Introdução: por que a discussão “videogame é arte?” importa para você hoje

O debate sobre se videogame é arte não é apenas filosófico—ele influencia dinheiro, políticas públicas, currículos acadêmicos e até como você, como jogador, interpreta experiências narrativas e estéticas. Quando instituições começam a reconhecer jogos como manifestações culturais, isso muda o que recebe financiamento, preservação e espaço em museus, festivais e bibliotecas. E, no caminho, muda também como desenvolvedores são avaliados: menos por “tecnologia que entretém” e mais por “linguagem que comunica”.

Segundo o portal OlharDigital.com.br, o tema ganhou tração desde pelo menos a década de 1980 e passou a enfrentar críticas e argumentos opostos—como os levantados por Roger Ebert—sobre regras, objetivos e estruturas de “ganhar/perder”. Ao invés de tratar o assunto como briga eterna, vale entender quais critérios estão em jogo, onde o conflito é legítimo e como o design de jogos pode (ou não) aproximar a experiência artística.

Neste guia/análise, vamos destrinchar o histórico, mapear os principais argumentos do “sim” e do “não”, e transformar isso em um entendimento prático: como avaliar jogos sob uma ótica artística, como políticas de fomento funcionam no mundo real (Brasil e exterior) e quais tendências devem aparecer nos próximos anos.

O que significa chamar um videogame de “arte” (e por que esse termo é escorregadio)

Para muita gente, “arte” é sinônimo de pintura ou cinema. Mas, na prática, a palavra funciona como um guarda-chuva que inclui formas distintas de comunicação. Arte pode ser entendida como uma expressão com intenção estética, uma forma de linguagem capaz de provocar interpretação, emoção, reflexão ou sensação.

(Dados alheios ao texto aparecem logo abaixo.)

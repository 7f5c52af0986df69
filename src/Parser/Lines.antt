-- ===== src/Parser/Lines.antt =====
-- The loop over the lines of src/event_parser.cpp against the list of the lines.
use orda_book.Prelude.{
  ℕ, zero, suc, ◌≤◌, ◌<◌, ◌==◌, ◌≡◌, refl, sym, ap, ◌∙◌, inl, inr, Bool-cases, if◌then◌else◌, Bool,
  true, false, Option, none, some, List, [], ◌∷◌, ◌++◌, length, arith,
}
use mathlib.Core.List.{append-nil, append_assoc}
use orda_book.Types.{Event}
use orda_book.Engine.{increment}
use orda_book.Parser.Tokens.{Bytes}
use orda_book.Parser.Stream.{
  Message, Line, skipped, parsed, refused, parse_line, split_line, getline, Scan, fail, succeed,
  parse_lines, parse_event_stream_impl,
}

abbrev pub put_first : ℕ → List Bytes → List Bytes
put_first ch [] = (ch ∷ []) ∷ []
put_first ch (line ∷ lines) = (ch ∷ line) ∷ lines

-- The lines of a text; an end of line at its end begins no other line.
unfoldable pub lines_of : Bytes → List Bytes
lines_of [] = []
lines_of (ch ∷ input) =
    let lines = lines_of input in if ch == b'\n' then [] ∷ lines else put_first ch lines

-- The events up to the first line that is refused, and that line with its message.
abbrev pub Outcome : Type 0
Outcome = List Event × Option (ℕ × Message)

abbrev pub put_event : Event → Outcome → Outcome
put_event event (events, error) = (event ∷ events, error)

unfoldable pub outcome : ℕ → List Bytes → Outcome
outcome line_number [] = ([], none)
outcome line_number (line ∷ lines) = elim (parse_line (increment line_number) line) [
  | skipped ↦ outcome (increment line_number) lines
  | refused message ↦ ([], some (increment line_number, message))
  | parsed event ↦ put_event event (outcome (increment line_number) lines)
]

-- With a callback, what it is given and whether all went well; without, the events if all went well.
abbrev pub report : Bool → List Event → List Event → Outcome → Scan
report true seen events (more, none) = record { seen = seen ++ more; result = succeed events }
report true seen events (more, some (line, message)) = record {
  seen = seen ++ more;
  result = fail line message;
}
report false seen events (more, none) = record { seen = seen; result = succeed (events ++ more) }
report false seen events (more, some (line, message)) = record {
  seen = seen;
  result = fail line message;
}

lines-split_line :
    (ch : ℕ) (input : Bytes)
    → lines_of (ch ∷ input) ≡ (split_line (ch ∷ input)).0 ∷ lines_of (split_line (ch ∷ input)).1
unfolding lines_of split_line
lines-split_line ch [] = elim (Bool-cases (ch == b'\n')) [ inl e ↦ rw e | inr e ↦ rw e ]
lines-split_line ch (next ∷ input) = elim (Bool-cases (ch == b'\n')) [
  | inl e ↦ rw e
  | inr e ↦ rw e (ap (put_first ch) (lines-split_line next input))
]

split_line-shorter : (ch : ℕ) (input : Bytes) → length (split_line (ch ∷ input)).1 ≤ length input
unfolding split_line
split_line-shorter ch [] = elim (Bool-cases (ch == b'\n')) [
  | inl e ↦ rw e (omega arith)
  | inr e ↦ rw e (omega arith)
]
split_line-shorter ch (next ∷ input) = elim (Bool-cases (ch == b'\n')) [
  | inl e ↦ rw e (omega arith)
  | inr e ↦ rw e (omega (arith, split_line-shorter next input))
]

report_nil :
    (callback : Bool) (seen events : List Event)
    → report callback seen events ([], none) ≡ record { seen = seen; result = succeed events }
report_nil true seen events = rw append-nil
report_nil false seen events = rw append-nil

report_refused :
    (callback : Bool) (seen events : List Event) (line : ℕ) (message : Message)
    → report callback seen events ([], some (line, message))
      ≡ record { seen = seen; result = fail line message }
report_refused true seen events line message = rw append-nil
report_refused false seen events line message = refl

report-put_event :
    (callback : Bool) (seen events : List Event) (event : Event) (o : Outcome)
    → report callback
        (if callback then seen ++ (event ∷ []) else seen)
        (if callback then events else events ++ (event ∷ []))
        o
      ≡ report callback seen events (put_event event o)
report-put_event true seen events event (more, none) = rw append_assoc
report-put_event true seen events event (more, some (line, message)) = rw append_assoc
report-put_event false seen events event (more, none) = rw append_assoc
report-put_event false seen events event (more, some (line, message)) = refl

-- One round of the loop, on what the line is.
abbrev round : ℕ → Bool → ℕ → Bytes → List Event → List Event → Line → Scan
round fuel callback line_number rest seen events skipped =
    parse_lines fuel callback line_number rest seen events
round fuel callback line_number rest seen events (refused message) = record {
  seen = seen;
  result = fail line_number message;
}
round fuel callback line_number rest seen events (parsed event) =
    parse_lines fuel callback line_number rest (if callback then seen ++ (event ∷ []) else seen)
      (if callback then events else events ++ (event ∷ []))

abbrev pub outcome_of : ℕ → List Bytes → Line → Outcome
outcome_of line_number lines skipped = outcome line_number lines
outcome_of line_number lines (refused message) = ([], some (line_number, message))
outcome_of line_number lines (parsed event) = put_event event (outcome line_number lines)

round-outcome :
    (fuel : ℕ) (callback : Bool) (line_number : ℕ) (rest : Bytes) (seen events : List Event)
    → ((seen events : List Event)
        → parse_lines fuel callback line_number rest seen events
          ≡ report callback seen events (outcome line_number (lines_of rest)))
    → (line : Line)
    → round fuel callback line_number rest seen events line
      ≡ report callback seen events (outcome_of line_number (lines_of rest) line)
round-outcome fuel callback line_number rest seen events again skipped = again seen events
round-outcome fuel callback line_number rest seen events again (refused message) =
    sym (report_refused callback seen events line_number message)
round-outcome fuel callback line_number rest seen events again (parsed event) =
    again _ _ ∙ report-put_event callback seen events event _

parse_lines-outcome :
    (fuel : ℕ) (callback : Bool) (line_number : ℕ) (input : Bytes) (seen events : List Event)
    → length input < fuel
    → parse_lines fuel callback line_number input seen events
      ≡ report callback seen events (outcome line_number (lines_of input))
unfolding parse_lines outcome getline
parse_lines-outcome zero callback line_number input seen events b = absurd (omega arith)
parse_lines-outcome (suc fuel) callback line_number [] seen events b =
    unfold lines_of in sym (report_nil callback seen events)
parse_lines-outcome (suc fuel) callback line_number (ch ∷ input) seen events b =
    let (line, rest) = split_line (ch ∷ input) in
    let n = increment line_number in
    rw (lines-split_line ch input) (
      round-outcome fuel callback n rest seen events
        (λ seen events.
          parse_lines-outcome fuel callback n rest seen events
            (omega (arith, split_line-shorter ch input)))
        (parse_line n line))

-- For every text, the loop over its lines ends of itself: it has read every line, or stopped at the first that is
-- refused, whose number and message it gives. The callback has been given the events of the lines
-- before, in order; without a callback they are in the result, if no line is refused.
pub parse_event_stream_impl-outcome :
    (input : Bytes) (callback : Bool)
    → parse_event_stream_impl input callback ≡ report callback [] [] (outcome 0 (lines_of input))
unfolding parse_event_stream_impl
parse_event_stream_impl-outcome input callback =
    parse_lines-outcome (suc (length input)) callback 0 input [] [] (omega arith)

O ponto importante: não existe um único teste universal para “comprovar” arte. Museus, conselhos culturais e universidades operam por critérios variados, como:

  • Intencionalidade: o criador pretende comunicar algo além do entretenimento?
  • Linguagem própria: a obra usa recursos que só fazem sentido naquele meio (ex.: mecânicas, interação, tempo real)?
  • Composição: há escolhas formais (ritmo, cor, som, narrativa, layout) que sustentam uma experiência?
  • Recepção e interpretação: a obra gera leituras e sentidos, mesmo quando não “explica” tudo?
  • Contexto cultural: a sociedade trata aquilo como parte de um diálogo maior?

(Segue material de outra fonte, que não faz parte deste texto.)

-- ===== src/Parser/Numbers.antt =====
-- The integers of src/event_parser.cpp are in the range of their types.
use orda_book.Prelude.{
  ℕ, zero, suc, ◌-◌, ◌^◌, ◌≤◌, ◌<◌, ◌==◌, ◌≡◌, refl, subst, inl, inr, Bool-cases, Option, none,
  some, [], ◌∷◌, arith,
}
use orda_book.Prelude.Int.{ℤ, pos}
use orda_book.Codec.Records.{IsInt64}
use orda_book.Parser.Tokens.{Bytes, from_digits, negative, whole, parse_unsigned, parse_signed}

from_digits-le :
    (limit : ℕ) (view : Bytes) (value : ℕ) (rest : Bytes)
    → from_digits limit view ≡ some (value, rest)
    → value ≤ limit
unfolding from_digits
from_digits-le limit view value rest e = ground arith

whole-cases :
    {A : Type 0} (f : ℕ → A) (o : Option (ℕ × Bytes)) (a : A)
    → whole f o ≡ some a
    → (n : ℕ) × (o ≡ some (n, [])) × (f n ≡ a)
whole-cases f none a e = cc
whole-cases f (some (n, [])) a e = (n, refl, cc)
whole-cases f (some (n, ch ∷ rest)) a e = cc

pub parse_unsigned_range : (token : Bytes) (n : ℕ) → parse_unsigned token ≡ some n → n < 2 ^ 64
unfolding parse_unsigned
parse_unsigned_range token n e =
    let (m, at, same) = whole-cases (λ n. n) (from_digits (2 ^ 64 - 1) token) n e in
    let b = from_digits-le (2 ^ 64 - 1) token m [] at in omega (arith, b, same)

negative-IsInt64 : (n : ℕ) → n ≤ 2 ^ 63 → IsInt64 (negative n)
negative-IsInt64 zero b = omega arith
negative-IsInt64 (suc n) b = omega arith

pub parse_signed_range : (token : Bytes) (n : ℤ) → parse_signed token ≡ some n → IsInt64 n
unfolding parse_signed
parse_signed_range [] n e = cc
parse_signed_range (ch ∷ token) n e = elim (Bool-cases (ch == b'-')) [
  | inl minus ↦
      let (m, at, same) = whole-cases negative (from_digits (2 ^ 63) token) n (rw minus at e) in
      subst IsInt64 same (negative-IsInt64 m (from_digits-le (2 ^ 63) token m [] at))
  | inr plus ↦
      let (m, at, same) =
        whole-cases pos (from_digits (2 ^ 63 - 1) (ch ∷ token)) n (rw plus at e) in
      let b = from_digits-le (2 ^ 63 - 1) (ch ∷ token) m [] at in subst IsInt64 same (omega arith)
]
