-- ===== src/Parser/Words.antt =====
-- Words with delimiters between them, as `next_token` of src/event_parser.cpp takes them off a line.
use orda_book.Prelude.{ℕ, suc, ◌==◌, ◌≡◌, refl, ap, true, false, List, [], ◌∷◌, ◌++◌, length, All}
use orda_book.Prelude.Lists.{take-append, drop-append}
use orda_book.Parser.Tokens.{
  Bytes, is_empty, is_delimiter, skip_delimiters, token_length, next_token,
}

abbrev pub IsDelimiter : ℕ → Type 0
IsDelimiter ch = is_delimiter ch ≡ true

-- A byte of a word is no delimiter and does not end the line.
pub record IsInner (ch : ℕ) : Type 0 where
  pub inner : is_delimiter ch ≡ false
  pub in_line : (ch == b'\n') ≡ false

pub record IsWord (word : Bytes) : Type 0 where
  pub inner : All IsInner word
  pub filled : is_empty word ≡ false

pub skip-delimiters :
    (gap rest : Bytes) → All IsDelimiter gap → skip_delimiters (gap ++ rest) ≡ skip_delimiters rest
unfolding skip_delimiters
skip-delimiters [] rest d = refl
skip-delimiters (ch ∷ gap) rest (d, ds) = rw d (skip-delimiters gap rest ds)

pub skip_word : (word rest : Bytes) → IsWord word → skip_delimiters (word ++ rest) ≡ word ++ rest
unfolding skip_delimiters
skip_word [] rest w = let e = w.filled in cc
skip_word (ch ∷ word) rest w = rw w.inner.0.inner

-- What may follow a word.
abbrev Ends : Bytes → Type 0
Ends [] = Unit {0}
Ends (ch ∷ rest) = IsDelimiter ch

token_length-word :
    (word rest : Bytes) → All IsInner word → Ends rest → token_length (word ++ rest) ≡ length word
unfolding token_length
token_length-word [] [] w e = refl
token_length-word [] (ch ∷ rest) w e = rw e
token_length-word (ch ∷ word) rest (w, ws) e =
    rw w.inner (ap suc (token_length-word word rest ws e))

module _ (first : ℕ) (more : Bytes) (first_delimits : IsDelimiter first)
    (delimits : All IsDelimiter more) where
  -- Every word with the delimiters `first ∷ more` before it.
  abbrev pub spaced : List Bytes → Bytes
  spaced [] = []
  spaced (word ∷ words) = (first ∷ more) ++ (word ++ spaced words)

  spaced-Ends : (words : List Bytes) → Ends (spaced words)
  spaced-Ends [] = tt
  spaced-Ends (word ∷ words) = first_delimits

  pub next_token-word :
      (gap word : Bytes) (words : List Bytes)
      → All IsDelimiter gap
      → IsWord word
      → next_token (gap ++ (word ++ spaced words)) ≡ (word, spaced words)
  unfolding next_token
  next_token-word gap word words d w =
      let rest = spaced words in
      rw (
        skip-delimiters gap (word ++ rest) d,
        skip_word word rest w,
        token_length-word word rest w.inner (spaced-Ends words),
        take-append word rest,
        drop-append word rest,
      )

  pub next_token-spaced :
      (word : Bytes) (words : List Bytes)
      → IsWord word
      → next_token (spaced (word ∷ words)) ≡ (word, spaced words)
  next_token-spaced word words w =
      next_token-word (first ∷ more) word words (first_delimits, delimits) w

A tensão do debate nasce porque jogos são, ao mesmo tempo, linguagem interativa e produto com objetivos. Isso leva críticos a perguntarem se a presença de regra e resultado destrói a “abertura” típica de algumas artes. Por outro lado, defensores lembram que outras artes também operam por estrutura e intenção (com roteiro, dramaturgia e convenções).

Linha do tempo: como a ideia de “videogame como arte” ganhou legitimidade

Segundo o portal OlharDigital.com.br, o termo “videogame é arte” aparece em discussões antigas, com registros históricos em revistas especializadas e, depois, com reconhecimentos institucionais no exterior e no Brasil. O mais relevante aqui é perceber como o reconhecimento foi evoluindo: primeiro como argumento cultural; depois, como prática de instituições.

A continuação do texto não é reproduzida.